Au terme de ce rapide parcours dans quelques textes du magistère, si la nature charismatique
de la vie religieuse ne fait pas de doute, l’emploi des expressions « charisme de la vie
religieuse », « charisme des fondateurs », « charisme des instituts, n’est pas sans faire
difficulté. En effet, employer le substantif « charisme », c’est risquer d’oublier que la réalité
charismatique n’existe que par les fruits qu’a portés le don reçu, fruits évidemment différents
selon qu’on parle de la vie religieuse, d’un fondateur, d’une fondatrice, d’un institut. A
l’origine d’une congrégation religieuse, il y a certes une grâce spéciale faite à un fondateur,
à une fondatrice, qui suscite, de sa part, une manière originale de vivre l’Evangile. C’est
encore par l’action de l’Esprit que prend forme, très concrètement, par l’intermédiaire du
fondateur, de la fondatrice, une communauté, en un lieu, en un temps, dans un contexte
donné. Les structures, les textes, les manières de prier, d’agir, la tradition hospitalière ou
éducative, etc… sont autant de moyens que l’Esprit, à l’œuvre dans la communauté, suscite
au fil du temps. Ce sont ces moyens particuliers, en tant qu’ils sont structurants pour la
communauté, qui font l’objet d’une reconnaissance par l’autorité légitime. Par cet acte, la
congrégation est instituée en vue d’une mission par laquelle elle contribue à la construction
de l’Eglise pour la gloire de Dieu et le salut du monde. Cette perspective permet donc
l’articulation de la dimension charismatique et de la dimension hiérarchique dans la
structuration de la vie et de la mission de l’Eglise.

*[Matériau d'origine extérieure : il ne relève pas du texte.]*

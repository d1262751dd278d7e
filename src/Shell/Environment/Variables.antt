-- ===== src/Shell/Environment/Variables.antt =====
-- What `setenv` and `unsetenv` leave in the environment.
use corestack_peky.Common.{
  ℕ, ◌≡◌, ◌⊎◌, inl, inr, refl, ◌∙◌, arith, List, [], ◌∷◌, ◌++◌, none, some, Bool, true, false,
  if◌then◌else◌, Bool-cases, Option-cases, ◌||◌,
}
use corestack_peky.Text.{str_eq, split_at}
use corestack_peky.Shell.Aliases.{equals_sign}
use corestack_peky.Shell.Aliases.Quotes.{split_at-first}
use corestack_peky.Shell.Environment.{
  Env, has_equals, is_empty, setenv, unsetenv, bad_name, strip_quotes, setenv_loop, bi_setenv,
  any_bad, unsetenv_loop, bi_unsetenv,
}

equals-refused :
    (n : List ℕ) (p : List ℕ × List ℕ) → split_at equals_sign n ≡ some p → bad_name n ≡ false → ⊥
unfolding bad_name
equals-refused n p o good =
    let seen : has_equals n ≡ true = rw (has_equals, o) refl in ground (arith, seen, good)

bad_name-false :
    (n : List ℕ)
    → bad_name n ≡ false
    → (split_at equals_sign n ≡ none) × ((is_empty n || has_equals n) ≡ false)
unfolding bad_name
bad_name-false n good =
    let shape : (is_empty n || has_equals n) ≡ false = ground arith in
    elim (Option-cases (split_at equals_sign n)) [
      | inl o ↦ (o, shape)
      | inr (p, o) ↦ absurd (equals-refused n p o good)
    ]

-- The arguments NAME=VALUE for names and values.
abbrev pub written : List (List ℕ × List ℕ) → List (List ℕ)
written [] = []
written (p ∷ pairs) = (p.0 ++ (equals_sign ∷ p.1)) ∷ written pairs

abbrev pub GoodNames : List (List ℕ × List ℕ) → Type 0
GoodNames [] = Unit
GoodNames (p ∷ pairs) = (bad_name p.0 ≡ false) × GoodNames pairs

-- The environment with each name set in turn, its value without quotes around it.
abbrev pub assigned : List (List ℕ × List ℕ) → Env → Env
assigned [] env = env
assigned (p ∷ pairs) env =
    assigned pairs (λ m. if str_eq p.0 m then some (strip_quotes p.1) else env m)

setenv_loop-one :
    (arg n value : List ℕ) (args : List (List ℕ)) (env : Env)
    → split_at equals_sign arg ≡ some (n, value)
    → bad_name n ≡ false
    → (is_empty n || has_equals n) ≡ false
    → setenv_loop (arg ∷ args) env
      ≡ setenv_loop args (λ m. if str_eq n m then some (strip_quotes value) else env m)
unfolding setenv_loop
setenv_loop-one arg n value args env parts good fine =
    rw (setenv_loop, parts, good, setenv, fine) refl

setenv_loop-written :
    (pairs : List (List ℕ × List ℕ)) (env : Env)
    → GoodNames pairs
    → setenv_loop (written pairs) env ≡ (assigned pairs env, 0)
unfolding setenv_loop
setenv_loop-written [] env good = refl
setenv_loop-written (p ∷ pairs) env good =
    let fine = bad_name-false p.0 good.0 in
    let parts = split_at-first equals_sign p.0 p.1 fine.0 in
    setenv_loop-one (p.0 ++ (equals_sign ∷ p.1)) p.0 p.1 (written pairs) env parts good.0 fine.1
    ∙ setenv_loop-written pairs _ good.1

-- `setenv` with arguments NAME=VALUE whose names it accepts succeeds, and sets each of them in turn
-- to the value without the quotes around it.
pub bi_setenv-written :
    (cmd : List ℕ) (p : List ℕ × List ℕ) (pairs : List (List ℕ × List ℕ)) (env : Env)
    → GoodNames (p ∷ pairs)
    → bi_setenv (cmd ∷ written (p ∷ pairs)) env ≡ (assigned (p ∷ pairs) env, 0)
unfolding bi_setenv
bi_setenv-written cmd p pairs env good = setenv_loop-written (p ∷ pairs) env good

-- One of the names is this one.
abbrev pub names_it : List ℕ → List (List ℕ) → Bool
names_it m [] = false
names_it m (n ∷ names) = str_eq n m || names_it m names

unsetenv_loop-unset :
    (names : List (List ℕ)) (env : Env) (m : List ℕ)
    → any_bad names ≡ false
    → ((unsetenv_loop names env).1 ≡ 0)
      × ((unsetenv_loop names env).0 m ≡ (if names_it m names then none else env m))
unfolding unsetenv_loop any_bad
unsetenv_loop-unset [] env m good = (refl, refl)
unsetenv_loop-unset (n ∷ names) env m good =
    let accepted : bad_name n ≡ false = ground arith in
    let others : any_bad names ≡ false = ground arith in
    let fine = (bad_name-false n accepted).1 in
    let rest = unsetenv_loop-unset names (λ k. if str_eq n k then none else env k) m others in
    rw (unsetenv_loop, unsetenv, fine) (rest.0, rest.1 ∙ ground arith)

-- `unsetenv` of some names is all or nothing: if one of them is refused it fails and no variable
-- changes; otherwise it succeeds, none of the names is set then, and the others are as they were.
pub bi_unsetenv_lem :
    (cmd n : List ℕ) (names : List (List ℕ)) (env : Env)
    → (any_bad (n ∷ names) ≡ true) × (bi_unsetenv (cmd ∷ n ∷ names) env ≡ (env, 1))
      ⊎ (any_bad (n ∷ names) ≡ false)
        × ((bi_unsetenv (cmd ∷ n ∷ names) env).1 ≡ 0)
        × ((m : List ℕ)
            → (bi_unsetenv (cmd ∷ n ∷ names) env).0 m
              ≡ (if names_it m (n ∷ names) then none else env m))
unfolding bi_unsetenv
bi_unsetenv_lem cmd n names env = elim (Bool-cases (any_bad (n ∷ names))) [
  | inl bad ↦ rw bad (inl (refl, refl))
  | inr good ↦ rw good (
      inr (
        refl,
        (unsetenv_loop-unset (n ∷ names) env n good).0,
        λ m. (unsetenv_loop-unset (n ∷ names) env m good).1,
      ))
]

A cette étape, que devient notre questionnement initial ? Nous nous demandions dans quelle
mesure les congrégations religieuses, dans les conditions de fragilité démographique où elles
-
24
sont actuellement, peuvent accompagner de manière pertinente les communautés
éducatives dont elles ont la responsabilité dans la mise en œuvre de leur charisme. Le début
de notre recherche nous conduit à renoncer à une représentation du charisme tel un objet que
l’on pourrait transmettre. Le charisme n’a d’existence que par la réponse qu’il suscite chez
ceux qui le reçoivent. Tant que les religieux et religieuses étaient présents en nombre dans
les établissements scolaires, on ne s’est guère interrogé sur le charisme. Les manières de
faire propres à la tradition éducative forgée par des générations de religieux ou religieuses
fonctionnaient. Comme le disent parfois des chefs d’établissements, aujourd’hui retraités,
qui ont travaillé avec les religieux pendant 30 ou 40 ans, gravissant peu à peu tous les
échelons « Ça coulait de source ». Mais la situation présente nous interroge : que se passe-
t-il lorsqu’il n’y a plus de communauté religieuse dans l’établissement ? La présence
épisodique de l’un ou l’autre membre de la congrégation peut-elle suffire pour que la
communauté éducative se structure dans la fidélité au charisme de la congrégation ? A
quelles conditions la communauté éducative peut-elle prendre part à la mission d’une
congrégation religieuse alors qu’il n’y a plus de religieux en son sein ?
2 - Des charismes pour quelles communautés ?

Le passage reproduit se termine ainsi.